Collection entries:
============================================================

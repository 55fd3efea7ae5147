-- ===== src/Log/Order.antt =====
-- The election restriction (rsm/log.py, `is_up_to_date`) as an order on logs.
use replicated_state_machine.Prelude.{ℕ, ◌≤◌, ◌<◌, ◌≡◌, ◌⊎◌, ◌↔◌, Bool, true, arith}
use replicated_state_machine.Log.{Log, last_index, last_term, is_up_to_date}

-- `m` is at least as up to date as `l`: what a node with the log `l` tests of a candidate with `m`.
abbrev pub up_to_date : Log → Log → Bool
up_to_date l m = is_up_to_date l (last_index m) (last_term m)

-- The term of the last entry is compared first, and the length only breaks a tie.
pub is_up_to_date_iff :
    (l : Log) (i t : ℕ)
    → (is_up_to_date l i t ≡ true) ↔ ((last_term l < t) ⊎ ((t ≡ last_term l) × (last_index l ≤ i)))
unfolding is_up_to_date
is_up_to_date_iff l i t = (λ h. ground arith, λ h. ground arith)

-- Of two nodes one may always vote for the other.
pub up_to_date_total : (l m : Log) → (up_to_date l m ≡ true) ⊎ (up_to_date m l ≡ true)
unfolding is_up_to_date
up_to_date_total l m = grind arith

-- A candidate that a node may vote for has a log that every log behind the node's may vote for.
pub up_to_date_trans :
    (l m n : Log) → up_to_date l m ≡ true → up_to_date m n ≡ true → up_to_date l n ≡ true
unfolding is_up_to_date
up_to_date_trans l m n h k = ground arith
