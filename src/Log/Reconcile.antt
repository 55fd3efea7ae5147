-- ===== src/Log/Reconcile.antt =====
-- rsm/log.py: `reconcile_one_at_a_time` and `reconcile_by_conflict_term`, the searches on two logs
-- without nodes.
use replicated_state_machine.Prelude.{
  ℕ, zero, suc, ◌+◌, ◌-◌, true, not, Option, none, some, ◌==◌, if◌then◌else◌,
}
use replicated_state_machine.Errors.{Result, ok, ◌>>=◌}
use replicated_state_machine.Log.{
  Log, last_index, first_index, term_at, matches, holds, no_term, no_index,
}

-- `leader.term_at(previous) if leader.holds(previous) else 0`
abbrev pub term_or_zero : Log → ℕ → Result ℕ
term_or_zero log index = if holds log index then term_at log index else ok no_term

-- the loop of `reconcile_one_at_a_time`, from `next_index` down
unfoldable pub step_back : Log → Log → ℕ → ℕ → Result ℕ
step_back leader follower trips zero = ok trips
step_back leader follower trips (suc previous) = do
  term ← term_or_zero leader previous
  matched ← matches follower previous term
  let deeper = step_back leader follower (trips + 1) previous
  if matched then ok (trips + 1) else if previous == no_index then ok (trips + 1) else deeper

unfoldable pub reconcile_one_at_a_time : Log → Log → Result ℕ
reconcile_one_at_a_time leader follower = step_back leader follower 0 (last_index leader + 1)

-- the inner `while` of `reconcile_by_conflict_term`, with `first = base + gap`
unfoldable pub run_back : Log → ℕ → ℕ → ℕ → Result ℕ
run_back log conflicting base zero = ok base
run_back log conflicting base (suc gap) =
    let rest = run_back log conflicting base gap in
    do held ← term_at log (base + gap); if held == conflicting then rest else ok (base + suc gap)

-- the loop of `reconcile_by_conflict_term`; `none` means that it was still running after `rounds`
unfoldable pub jump_back : ℕ → Log → Log → ℕ → ℕ → Result (Option ℕ)
jump_back zero leader follower trips next = ok none
jump_back (suc rounds) leader follower trips zero = ok (some trips)
jump_back (suc rounds) leader follower trips (suc previous) =
    let past_end = jump_back rounds leader follower (trips + 1) (last_index follower + 1) in
    let over_term : Result (Option ℕ) = (do
      conflicting ← term_at follower previous
      first ← run_back follower conflicting (first_index follower) (previous - first_index follower)
      jump_back rounds leader follower (trips + 1) first) in
    do
      leader_term ← term_or_zero leader previous
      matched ← if previous == no_index then ok true else matches follower previous leader_term
      if matched
          then ok (some (trips + 1))
          else if not (holds follower previous)
          then past_end
          else over_term

unfoldable pub reconcile_by_conflict_term : ℕ → Log → Log → Result (Option ℕ)
reconcile_by_conflict_term rounds leader follower =
    jump_back rounds leader follower 0 (last_index leader + 1)
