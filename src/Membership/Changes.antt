-- ===== src/Membership/Changes.antt =====
-- Changes of one member (rsm/membership.py): quorums before, during and after share a node.
use replicated_state_machine.Prelude.{
  ℕ, ◌+◌, ◌/◌, ◌<◌, ◌≡◌, refl, sym, ap, ◌⊎◌, inl, inr, true, false, ◌∙◌, List, [], ◌∷◌, ◌++◌,
  length, length-append, elem, arith, subst,
}
use replicated_state_machine.Errors.{ok}
use replicated_state_machine.Node.State.{distinct, others}
use replicated_state_machine.Membership.{
  Configuration, none_of, new_configuration, is_joint, has_majority, quorum, with_member,
  without_member, settled,
}
use replicated_state_machine.Membership.Majorities.{
  Shared, majorities_meet, elem-snoc, elem-others, length-others,
}

quorum-new :
    (c : Configuration) (xs : List ℕ) → quorum c xs ≡ true → has_majority c.members xs ≡ true
unfolding quorum
quorum-new c xs h = ground arith

quorum-old :
    (c : Configuration) (xs : List ℕ)
    → none_of c.old ≡ false
    → quorum c xs ≡ true
    → has_majority c.old xs ≡ true
unfolding quorum is_joint
quorum-old c xs h q = ground arith

-- What a change of one member makes of the members that were there.
record Change (before : List ℕ) (d : Configuration) : Type 0 where
  old : d.old ≡ before
  all : List ℕ
  from_old : (v : ℕ) → elem v before ≡ true → elem v all ≡ true
  from_new : (v : ℕ) → elem v d.members ≡ true → elem v all ≡ true
  few : length all < (length before / 2 + 1) + (length d.members / 2 + 1)

pub made :
    (members old : List ℕ) {c : Configuration}
    → new_configuration members old ≡ ok c
    → (record { members = members; old = old } ≡ c)
      × (none_of members ≡ false)
      × (distinct members ≡ true)
unfolding new_configuration
made members old q = (ground arith, ground arith, ground arith)

added :
    (c : Configuration) (name : ℕ) {d : Configuration}
    → with_member c name ≡ ok d
    → Change c.members d
unfolding with_member
added c name {d} q =
    let m = made (c.members ++ name ∷ []) c.members {c = d} (ground arith) in
    subst (Change c.members) m.0 (record {
      old = refl;
      all = c.members ++ name ∷ [];
      from_old = λ v h. elem-snoc v name c.members ∙ rw h refl;
      from_new = λ v h. h;
      few = omega (arith, length-append c.members (name ∷ []));
    })

removed :
    (c : Configuration) (name : ℕ) {d : Configuration}
    → distinct c.members ≡ true
    → without_member c name ≡ ok d
    → Change c.members d
unfolding without_member
removed c name {d} dc q =
    let m = made (others name c.members) c.members {c = d} (ground arith) in
    subst (Change c.members) m.0 (record {
      old = refl;
      all = c.members;
      from_old = λ v h. h;
      from_new = λ v. elem-others v name c.members;
      few = omega (arith, length-others name c.members dc (ground arith));
    })

one_side_meets :
    (members : List ℕ) (xs ys : List ℕ)
    → distinct xs ≡ true
    → distinct ys ≡ true
    → has_majority members xs ≡ true
    → has_majority members ys ≡ true
    → Shared xs ys
one_side_meets members xs ys dx dy =
    majorities_meet members members members xs ys (λ v h. h) (λ v h. h) dx dy (omega arith)

-- A configuration before, during or after a change.
abbrev One : (before during after given : Configuration) → Type 0
One before during after given = (given ≡ before) ⊎ (given ≡ during) ⊎ (given ≡ after)

-- A change of one member: a steady configuration, the joint one and the settled one.
record Phases (c d e : Configuration) : Type 0 where
  change : Change c.members d
  early : (xs : List ℕ) → quorum d xs ≡ true → has_majority c.members xs ≡ true
  late : (xs : List ℕ) → quorum e xs ≡ true → has_majority d.members xs ≡ true

phases :
    (members : List ℕ) (name : ℕ) {c d e : Configuration}
    → new_configuration members [] ≡ ok c
    → (with_member c name ≡ ok d) ⊎ (without_member c name ≡ ok d)
    → settled d ≡ ok e
    → Phases c d e
unfolding settled
phases members name {c} {d} {e} qc qd qe =
    let first = made members [] qc in
    let last = made d.members [] qe in
    let ms : members ≡ c.members = ap (λ x. x.members) first.0 in
    let me : e.members ≡ d.members = sym (ap (λ x. x.members) last.0) in
    let dc : distinct c.members ≡ true = subst (λ x. distinct x ≡ true) ms first.2 in
    let change : Change c.members d = elim qd [
      | inl q ↦ added c name q
      | inr q ↦ removed c name dc q
    ] in
    let some_old : none_of d.old ≡ false =
      rw change.old (subst (λ x. none_of x ≡ false) ms first.1) in
    record {
      change = change;
      early = λ xs h. subst (λ x. has_majority x xs ≡ true) change.old (quorum-old d xs some_old h);
      late = λ xs h. subst (λ x. has_majority x xs ≡ true) me (quorum-new e xs h);
    }

-- A quorum of one of the three holds a majority of the old members or of the new ones.
majority_of :
    (c d e given : Configuration) (xs : List ℕ)
    → Phases c d e
    → One c d e given
    → quorum given xs ≡ true
    → (has_majority c.members xs ≡ true) ⊎ (has_majority d.members xs ≡ true)
majority_of c d e given xs p (inl q) h = inl (quorum-new c xs (subst (λ x. quorum x xs ≡ true) q h))
majority_of c d e given xs p (inr (inl q)) h =
    inl (p.early xs (subst (λ x. quorum x xs ≡ true) q h))
majority_of c d e given xs p (inr (inr q)) h = inr (p.late xs (subst (λ x. quorum x xs ≡ true) q h))

-- A steady configuration, the joint one that adds or removes a member of it, and the one that this
-- settles to: two sets of votes that are quorums of any of the three share a node.
pub changes_overlap :
    (members xs ys : List ℕ) (name : ℕ) {c d e : Configuration} (left right : Configuration)
    → new_configuration members [] ≡ ok c
    → (with_member c name ≡ ok d) ⊎ (without_member c name ≡ ok d)
    → settled d ≡ ok e
    → (left ≡ c) ⊎ (left ≡ d) ⊎ (left ≡ e)
    → (right ≡ c) ⊎ (right ≡ d) ⊎ (right ≡ e)
    → distinct xs ≡ true
    → distinct ys ≡ true
    → quorum left xs ≡ true
    → quorum right ys ≡ true
    → Shared xs ys
changes_overlap members xs ys name {c} {d} {e} left right qc qd qe ql qr dx dy hx hy =
    let p = phases members name qc qd qe in
    let more = p.change.few in
    elim (majority_of c d e left xs p ql hx) [
      | inl mx ↦ elim (majority_of c d e right ys p qr hy) [
        | inl my ↦ one_side_meets c.members xs ys dx dy mx my
        | inr my ↦
            majorities_meet p.change.all c.members d.members xs ys p.change.from_old
              p.change.from_new dx dy more mx my
      ]
      | inr mx ↦ elim (majority_of c d e right ys p qr hy) [
        | inl my ↦
            majorities_meet p.change.all d.members c.members xs ys p.change.from_new
              p.change.from_old dx dy (omega (arith, more)) mx my
        | inr my ↦ one_side_meets d.members xs ys dx dy mx my
      ]
    ]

============================================================

### ASSIGNMENT
In the records above, locate the lines holding the word "Errors". Copy each of them.

### SOLUTION TO THIS EXERCISE
use replicated_state_machine.Errors.{Result, ok, ◌>>=◌}
use replicated_state_machine.Errors.{ok}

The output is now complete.